Contextual Molecule Representation Learning from Chemical Reaction Knowledge

In recent years, self-supervised learning has emerged as a powerful tool to harness abundant unlabelled data for representation learning and has been broadly adopted in diverse areas. However, when applied to molecular representation learning (MRL), prevailing techniques such as masked sub-unit reconstruction often fall short, due to the high degree of freedom in the possible combinations of atoms within molecules, which brings insurmountable complexity to the masking-reconstruction paradigm. To tackle this challenge, we introduce REMO, a self-supervised learning framework that takes advantage of well-defined atom-combination rules in common chemistry. Specifically, REMO pre-trains graph/Transformer encoders on 1.7 million known chemical reactions in the literature. We propose two pre-training objectives: Masked Reaction Centre Reconstruction (MRCR) and Reaction Centre Identification (RCI). REMO offers a novel solution to MRL by exploiting the underlying shared patterns in chemical reactions as \textit{context} for pre-training, which effectively infers meaningful representations of common chemistry knowledge. Such contextual representations can then be utilized to support diverse downstream molecular tasks with minimum finetuning, such as affinity prediction and drug-drug interaction prediction. Extensive experimental results on MoleculeACE, ACNet, drug-drug interaction (DDI), and reaction type classification show that across all tested downstream tasks, REMO outperforms the standard baseline of single-molecule masked modeling used in current MRL. Remarkably, REMO is the pioneering deep learning model surpassing fingerprint-based methods in activity cliff benchmarks.

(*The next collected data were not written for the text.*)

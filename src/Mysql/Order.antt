-- ===== src/Mysql/Order.antt =====
-- What `ORDER BY` keeps.
use kinugasa_recording.Shared.{◌≡◌, refl, Bool, false, ◌||◌, List, [], ◌∷◌, any, is_empty, arith}
use kinugasa_recording.Mysql.Tables.{insert_sorted, order_by}

module _ {ℓ} {A : Type ℓ} (le : A → A → Bool) where
  any-insert_sorted :
      (p : A → Bool) (x : A) (xs : List A) → any p (insert_sorted le x xs) ≡ (p x || any p xs)
  unfolding insert_sorted
  any-insert_sorted p x [] = refl
  any-insert_sorted p x (y ∷ ys) = ground (arith, any-insert_sorted p x ys)

  pub any-order_by : (p : A → Bool) (xs : List A) → any p (order_by le xs) ≡ any p xs
  unfolding order_by
  any-order_by p [] = refl
  any-order_by p (x ∷ xs) =
      ground (arith, any-insert_sorted p x (order_by le xs), any-order_by p xs)

  is_empty-insert_sorted : (x : A) (xs : List A) → is_empty (insert_sorted le x xs) ≡ false
  unfolding insert_sorted
  is_empty-insert_sorted x [] = refl
  is_empty-insert_sorted x (y ∷ ys) = ground arith

  pub is_empty-order_by : (xs : List A) → is_empty (order_by le xs) ≡ is_empty xs
  unfolding order_by
  is_empty-order_by [] = refl
  is_empty-order_by (x ∷ xs) = is_empty-insert_sorted x (order_by le xs)
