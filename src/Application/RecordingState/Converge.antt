-- ===== src/Application/RecordingState/Converge.antt =====
-- kinugasa-core/src/application/recording_state.rs: lemmas on writing a video file and converging
-- its take.
use kinugasa_recording.Shared.{
  ℕ, ◌≡◌, ◌≢◌, refl, ◌∙◌, Bool, true, false, not, ◌&&◌, ◌||◌, some, List, ◌==◌, find, update, any,
  is_empty, ok, arith, if◌then◌else◌, Bool-cases, inl, inr, find_holds, find-any, find-select,
  any-map, is_empty-map, is_empty-update, select-update, update_none, any-select-false, find-update,
  eq_of_==, &&-elim, ◌⊎◌,
}
use kinugasa_recording.Domain.Values.{TakeId, CameraIdentityId, new_error_reason}
use kinugasa_recording.Domain.Take.{
  FinishedTakeState, FinishedTake, VideoFile, is_uploading, is_errored, new_finished_take,
}
use kinugasa_recording.Mysql.Tables.{
  Phase, TakeRow, VideoFileRow, Db, TakeSnapshot, has_id, of_take, is_file, by_camera, take_in,
  is_ongoing, naive, order_by,
}
use kinugasa_recording.Mysql.Order.{any-order_by, is_empty-order_by}
use kinugasa_recording.Mysql.Takes.{
  get_take_for_update, save_finished_take, delete_recording_cameras,
}
use kinugasa_recording.Mysql.Recordings.{
  list_video_files_for_take_for_update, save_video_file, write_file,
}
use kinugasa_recording.Application.RecordingState.{
  upload_failure, converged_state, converge_finished_take,
}
use kinugasa_recording.Application.RecordingState.Settled.{
  row_uploading, row_errored, files_of, Settled, IsSettled, Settled-uploading, snapshot-finished,
}

-- The tests of `converge_finished_take`, on the rows.
listed-any :
    (p : VideoFile → Bool) (id : TakeId) (db : Db)
    → any p (list_video_files_for_take_for_update id db) ≡ any (λ row. p row.file) (files_of id db)
unfolding list_video_files_for_take_for_update
listed-any p id db =
    any-map p (λ row. row.file) (order_by by_camera (files_of id db))
    ∙ any-order_by by_camera (λ row. p row.file) (files_of id db)

listed-is_empty :
    (id : TakeId) (db : Db)
    → is_empty (list_video_files_for_take_for_update id db) ≡ is_empty (files_of id db)
unfolding list_video_files_for_take_for_update
listed-is_empty id db =
    is_empty-map (λ row. row.file) (order_by by_camera (files_of id db))
    ∙ is_empty-order_by by_camera (files_of id db)

-- The state that the rows of a take call for once none of them is uploading.
unfoldable pub target : List VideoFileRow → FinishedTakeState
target files =
    if any row_errored files
    then FinishedTakeState.errored upload_failure
    else FinishedTakeState.completed

pub upload_failure_ok : new_error_reason upload_failure ≡ ok upload_failure
unfolding new_error_reason upload_failure
upload_failure_ok = refl

pub converged_state-target :
    (id : TakeId) (db : Db)
    → converged_state (list_video_files_for_take_for_update id db) ≡ ok (target (files_of id db))
unfolding converged_state target
converged_state-target id db =
    rw (listed-any (λ video. is_errored video.state) id db, upload_failure_ok)
      (elim (Bool-cases (any row_errored (files_of id db))) [ inl e ↦ rw e | inr e ↦ rw e ])

abbrev pub converged : FinishedTake → Db → FinishedTake
converged take db = record take { state = target (files_of take.id db) }

-- Converging does nothing while a file is uploading, and else writes the state that the files call
-- for and forgets the take's recording cameras.
pub converge_cases :
    (take : FinishedTake) (db : Db) {db' : Db}
    → converge_finished_take take db ≡ ok db'
    → ((db' ≡ db)
        × ((is_empty (files_of take.id db) || any row_uploading (files_of take.id db)) ≡ true))
      ⊎ ((db' ≡ delete_recording_cameras take.id (save_finished_take (converged take db) db))
          × (is_empty (files_of take.id db) ≡ false)
          × (any row_uploading (files_of take.id db) ≡ false))
unfolding converge_finished_take new_finished_take
converge_cases take db {db'} h = ground (
  arith,
  listed-any (λ (video : VideoFile). is_uploading video.state) take.id db,
  listed-is_empty take.id db,
  converged_state-target take.id db,
)

of_take_eq :
    (id : TakeId) (row : VideoFileRow) → of_take id row ≡ true → row.file.finished_take_id ≡ id
of_take_eq id row h = eq_of_== row.file.finished_take_id id h

-- The files of a take after one file is written.
pub files_of-save :
    (id : TakeId) (video : VideoFile) (db : Db)
    → files_of id (save_video_file video db)
      ≡ update
          (is_file video.finished_take_id video.camera_identity_id)
          (write_file video)
          (files_of id db)
unfolding save_video_file
files_of-save id video db =
    select-update _ (write_file video) (of_take id) db.video_files (λ x. refl)

pub files_of-save_ne :
    (id : TakeId) (video : VideoFile) (db : Db)
    → id ≢ video.finished_take_id
    → files_of id (save_video_file video db) ≡ files_of id db
files_of-save_ne id video db ne =
    files_of-save id video db
    ∙ update_none _ (write_file video) (files_of id db) (
        any-select-false _ (of_take id) db.video_files
          (λ row h. ground (arith, of_take_eq id row h, ne)))

-- A file found under its key is one of its take's files.
pub file-any :
    (id : TakeId) (camera_id : CameraIdentityId) (db : Db) (q : VideoFileRow → Bool)
    (row : VideoFileRow)
    → find (is_file id camera_id) db.video_files ≡ some row
    → q row ≡ true
    → any q (files_of id db) ≡ true
file-any id camera_id db q row e h =
    find-any (is_file id camera_id) q (files_of id db) row
      (find-select _ (of_take id) db.video_files (λ x hx. (&&-elim _ _ hx).0) ∙ e) h

target-Settled :
    (files : List VideoFileRow) (at : ℕ)
    → is_empty files ≡ false
    → any row_uploading files ≡ false
    → Settled (Phase.finished (target files) at) files
unfolding target
target-Settled files at full none_up = elim (Bool-cases (any row_errored files)) [
  | inl e ↦ rw e none_up
  | inr e ↦ rw e (full, none_up, e)
]

-- The row that a lookup finds after the take has been saved and its recording cameras forgotten.
pub find_take-save_finished :
    (j : TakeId) (take : FinishedTake) (db : Db) (t : TakeRow)
    → find (has_id j) (delete_recording_cameras take.id (save_finished_take take db)).takes ≡ some t
    → (a : TakeRow) × (find (has_id j) db.takes ≡ some a)
      × (t.phase ≡ (
          if take_in take.id take.session_id a && not (is_ongoing a.phase)
          then Phase.finished take.state (naive take.finished_at)
          else a.phase))
unfolding delete_recording_cameras save_finished_take
find_take-save_finished j take db t e =
    let (a, found, written) = find-update _ _ (has_id j) db.takes {b = t} (λ x. refl) e in
    (a, found, ground (arith, written))

pub files_of-save_finished :
    (j : TakeId) (take : FinishedTake) (db : Db)
    → files_of j (delete_recording_cameras take.id (save_finished_take take db)) ≡ files_of j db
unfolding delete_recording_cameras save_finished_take
files_of-save_finished j take db = refl

pub takes-save_video_file :
    (video : VideoFile) (db : Db) → (save_video_file video db).takes ≡ db.takes
unfolding save_video_file
takes-save_video_file video db = refl

module _ (id : TakeId) (db : Db) (take : FinishedTake) (video : VideoFile) (inv : IsSettled db)
    (taken : get_take_for_update id db ≡ ok (TakeSnapshot.finished take))
    (of_this : video.finished_take_id ≡ id) (up : any row_uploading (files_of id db) ≡ true) where
  saved_full : is_empty (files_of id (save_video_file video db)) ≡ false
  saved_full =
      rw (files_of-save id video db, is_empty-update _ (write_file video) (files_of id db))
        (ground (arith, up))

  other :
      (j : TakeId) (t : TakeRow)
      → j ≢ id
      → find (has_id j) db.takes ≡ some t
      → Settled t.phase (files_of j (save_video_file video db))
  other j t ne e = rw (files_of-save_ne j video db (λ same. ne (same ∙ of_this))) (inv j t e)

  pub still :
      any row_uploading (files_of id (save_video_file video db)) ≡ true
      → IsSettled (save_video_file video db)
  unfolding save_video_file
  still h j t e = elim (Bool-cases (j == id)) [
    | inl hit ↦
        let same : j ≡ id = eq_of_== j id hit in
        let (at, p) = Settled-uploading t.phase (files_of id db) (inv id t (rw (← same) e)) up in
        rw (p, same) h
    | inr miss ↦ other j t (λ same. ground (arith, same)) e
  ]

  abbrev saved : Db
  saved = save_video_file video db

  done :
      any row_uploading (files_of id saved) ≡ false
      → IsSettled
          (delete_recording_cameras take.id (save_finished_take (converged take saved) saved))
  unfolding save_video_file
  done h j t e =
      let (a, found, written) = find_take-save_finished j (converged take saved) saved t e in
      let (row, here, phase, same_id, same_session) = snapshot-finished id db {take = take} taken in
      rw (files_of-save_finished j (converged take saved) saved) (elim (Bool-cases (j == id)) [
        | inl hit ↦
            let same : j ≡ id = eq_of_== j id hit in
            let a_row : a ≡ row = ground (arith, found, here, same) in
            let p : t.phase ≡ Phase.finished (target (files_of id saved)) (naive take.finished_at) =
              ground (
                arith,
                written,
                a_row,
                phase,
                same_id,
                same_session,
                find_holds (has_id id) db.takes row,
              ) in
            rw (p, same) (target-Settled (files_of id saved) _ saved_full h)
        | inr miss ↦
            let p : t.phase ≡ a.phase =
              ground (arith, written, find_holds (has_id j) db.takes a, same_id) in
            rw p (other j a (λ same. ground (arith, same)) found)
      ])

  -- Writing a file of a take with an uploading file, and converging the take, keeps all settled.
  pub write_converge-IsSettled :
      {db' : Db} → converge_finished_take take saved ≡ ok db' → IsSettled db'
  write_converge-IsSettled {db'} h =
      let (row, here, phase, same_id, same_session) = snapshot-finished id db {take = take} taken in
      elim (converge_cases take saved {db' = db'} h) [
        | inl (e, some_up) ↦ rw e (still (ground (arith, some_up, same_id, saved_full)))
        | inr (e, full, none_up) ↦ rw e (done (rw (← same_id) none_up))
      ]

翻译：近年来，自监督学习已成为利用大量无标签数据进行表示学习的强大工具，并广泛适用于各个领域。然而，当应用于分子表示学习时，现有的掩码子单元重构等技术往往表现不佳，这是因为分子内原子可能组合方式的高度自由度给掩码-重构范式带来了难以克服的复杂性。为解决这一挑战，我们提出了REMO——一种利用常见化学中明确原子组合规则的自监督学习框架。具体而言，REMO在文献中170万个已知化学反应上对图/Transformer编码器进行预训练。我们提出了两个预训练目标：掩码反应中心重构和反应中心识别。REMO通过利用化学反应中潜在的共享模式作为预训练的上下文，为分子表示学习提供了一种新颖解决方案，有效推断出常见化学知识的有意义表示。这种上下文表示随后可用于支持各类下游分子任务（如亲和性预测和药物-药物相互作用预测）而仅需极少的微调。在MoleculeACE、ACNet、药物-药物相互作用和反应类型分类上的大量实验结果表明，在所有测试的下游任务中，REMO均优于当前分子表示学习中使用的单分子掩码建模标准基线。值得注意的是，REMO是首个在活性悬崖基准测试中超越基于指纹方法的深度学习模型。